-- REQUIREMENT --
Each line of the material holding the word "antt" must be identified and copied.
================================
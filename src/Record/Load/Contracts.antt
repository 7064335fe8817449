-- ===== src/Record/Load/Contracts.antt =====
-- internal/fetch/record/event.go: the readers of the events of contracts and of TCY.
use midgard.Base.{none, some, List, [], if◌then◌else◌}
use midgard.Base.Bytes.{bytes_eq}
use midgard.Base.Int.{pos}
use midgard.Base.Maps.{insert}
use midgard.Record.Blocks.{Attribute}
use midgard.Record.Notices.Accounts.{
  CosmWasmEvent, Instantiate, TcyClaim, TcyDistribution, TcyStake, TcyUnstake,
}
use midgard.Record.Load.Reader.{Load, ok, unknown, is, set, each}
use midgard.Record.Load.Texts.{number}

unfoldable pub cosm_wasm_event_attribute : Attribute → CosmWasmEvent → Load CosmWasmEvent
cosm_wasm_event_attribute a e =
    if is a "tx_id"
    then ok (record e { tx_id = some a.value })
    else if is a "_contract_address"
    then ok (record e { contract_address = some a.value })
    else if is a "sender"
    then ok (record e { sender = some a.value })
    else if is a "type"
    then ok (record e { type = some a.value })
    else if is a "msg"
    then ok (record e { msg = some a.value })
    else if is a "funds"
    then ok (record e { funds = some a.value })
    else ok (record e { attributes = insert a.key a.value e.attributes })

unfoldable pub load_cosm_wasm_event : List Attribute → Load CosmWasmEvent
load_cosm_wasm_event attrs = each cosm_wasm_event_attribute attrs (record {
  tx_id = none;
  contract_address = none;
  sender = none;
  type = none;
  msg = none;
  funds = none;
  attributes = [];
})

unfoldable pub instantiate_attribute : Attribute → Instantiate → Load Instantiate
instantiate_attribute a e =
    if is a "tx_id"
    then ok (record e { tx_id = some a.value })
    else if is a "_contract_address"
    then ok (record e { contract_address = some a.value })
    else if is a "label"
    then ok (record e { label = some a.value })
    else if is a "code_id"
    then set (number "malformed key" a.value) (λ v. record e { code_id = v })
    else if is a "sender"
    then ok (record e { sender = some a.value })
    else if is a "admin_address"
    then ok (record e { admin = some a.value })
    else if is a "msg"
    then ok (record e { msg = some a.value })
    else if is a "funds"
    then ok (record e { funds = some a.value })
    else unknown "unknown instantiate event attribute" e

unfoldable pub load_instantiate : List Attribute → Load Instantiate
load_instantiate attrs = each instantiate_attribute attrs (record {
  tx_id = none;
  contract_address = none;
  label = none;
  code_id = pos 0;
  sender = none;
  admin = none;
  msg = none;
  funds = none;
})

unfoldable pub tcy_claim_attribute : Attribute → TcyClaim → Load TcyClaim
tcy_claim_attribute a e =
    if is a "tx_id"
    then ok (record e { tx_id = some a.value })
    else if is a "rune_address"
    then ok (record e { rune_addr = some a.value })
    else if is a "asset"
    then ok (record e { l1_asset = some a.value })
    else if is a "l1_address"
    then ok (record e { l1_addr = some a.value })
    else if is a "tcy_amount"
    then set (number "malformed key" a.value) (λ v. record e { tcy_amt_e8 = v })
    else if is a "memo"
    then ok (record e { memo = some a.value })
    else unknown "unknown tcy_claim event attribute" e

unfoldable pub load_tcy_claim : List Attribute → Load TcyClaim
load_tcy_claim attrs = each tcy_claim_attribute attrs (record {
  tx_id = none;
  rune_addr = none;
  l1_asset = none;
  l1_addr = none;
  memo = none;
  tcy_amt_e8 = pos 0;
})

unfoldable pub tcy_distribution_attribute : Attribute → TcyDistribution → Load TcyDistribution
tcy_distribution_attribute a e =
    if is a "rune_address"
    then ok (record e { rune_addr = some a.value })
    else if is a "rune_amount"
    then set (number "malformed key" a.value) (λ v. record e { rune_amt_e8 = v })
    else unknown "unknown tcy_distribution event attribute" e

unfoldable pub load_tcy_distribution : List Attribute → Load TcyDistribution
load_tcy_distribution attrs =
    each tcy_distribution_attribute attrs (record { rune_addr = none; rune_amt_e8 = pos 0 })

unfoldable pub tcy_stake_attribute : Attribute → TcyStake → Load TcyStake
tcy_stake_attribute a e =
    if is a "tx_id"
    then ok (record e { tx_id = some a.value })
    else if is a "amount"
    then set (number "malformed key" a.value) (λ v. record e { amount = v })
    else if is a "address"
    then ok (record e { address = some a.value })
    else if is a "memo"
    then ok (record e { memo = some a.value })
    else unknown "unknown tcy_stake event attribute" e

unfoldable pub load_tcy_stake : List Attribute → Load TcyStake
load_tcy_stake attrs =
    each tcy_stake_attribute attrs
      (record { tx_id = none; amount = pos 0; address = none; memo = none })

unfoldable pub tcy_unstake_attribute : Attribute → TcyUnstake → Load TcyUnstake
tcy_unstake_attribute a e =
    if is a "tx_id"
    then ok (record e { tx_id = some a.value })
    else if is a "amount"
    then set (number "malformed key" a.value) (λ v. record e { amount = v })
    else if is a "address"
    then ok (record e { address = some a.value })
    else if is a "memo"
    then ok (record e { memo = some a.value })
    else unknown "unknown tcy_unstake event attribute" e

unfoldable pub load_tcy_unstake : List Attribute → Load TcyUnstake
load_tcy_unstake attrs =
    each tcy_unstake_attribute attrs
      (record { tx_id = none; amount = pos 0; address = none; memo = none })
================================
-- SOLUTION TO THE EXERCISE --
filename src/Record/Load/Contracts.antt
-- ===== src/Record/Load/Contracts.antt =====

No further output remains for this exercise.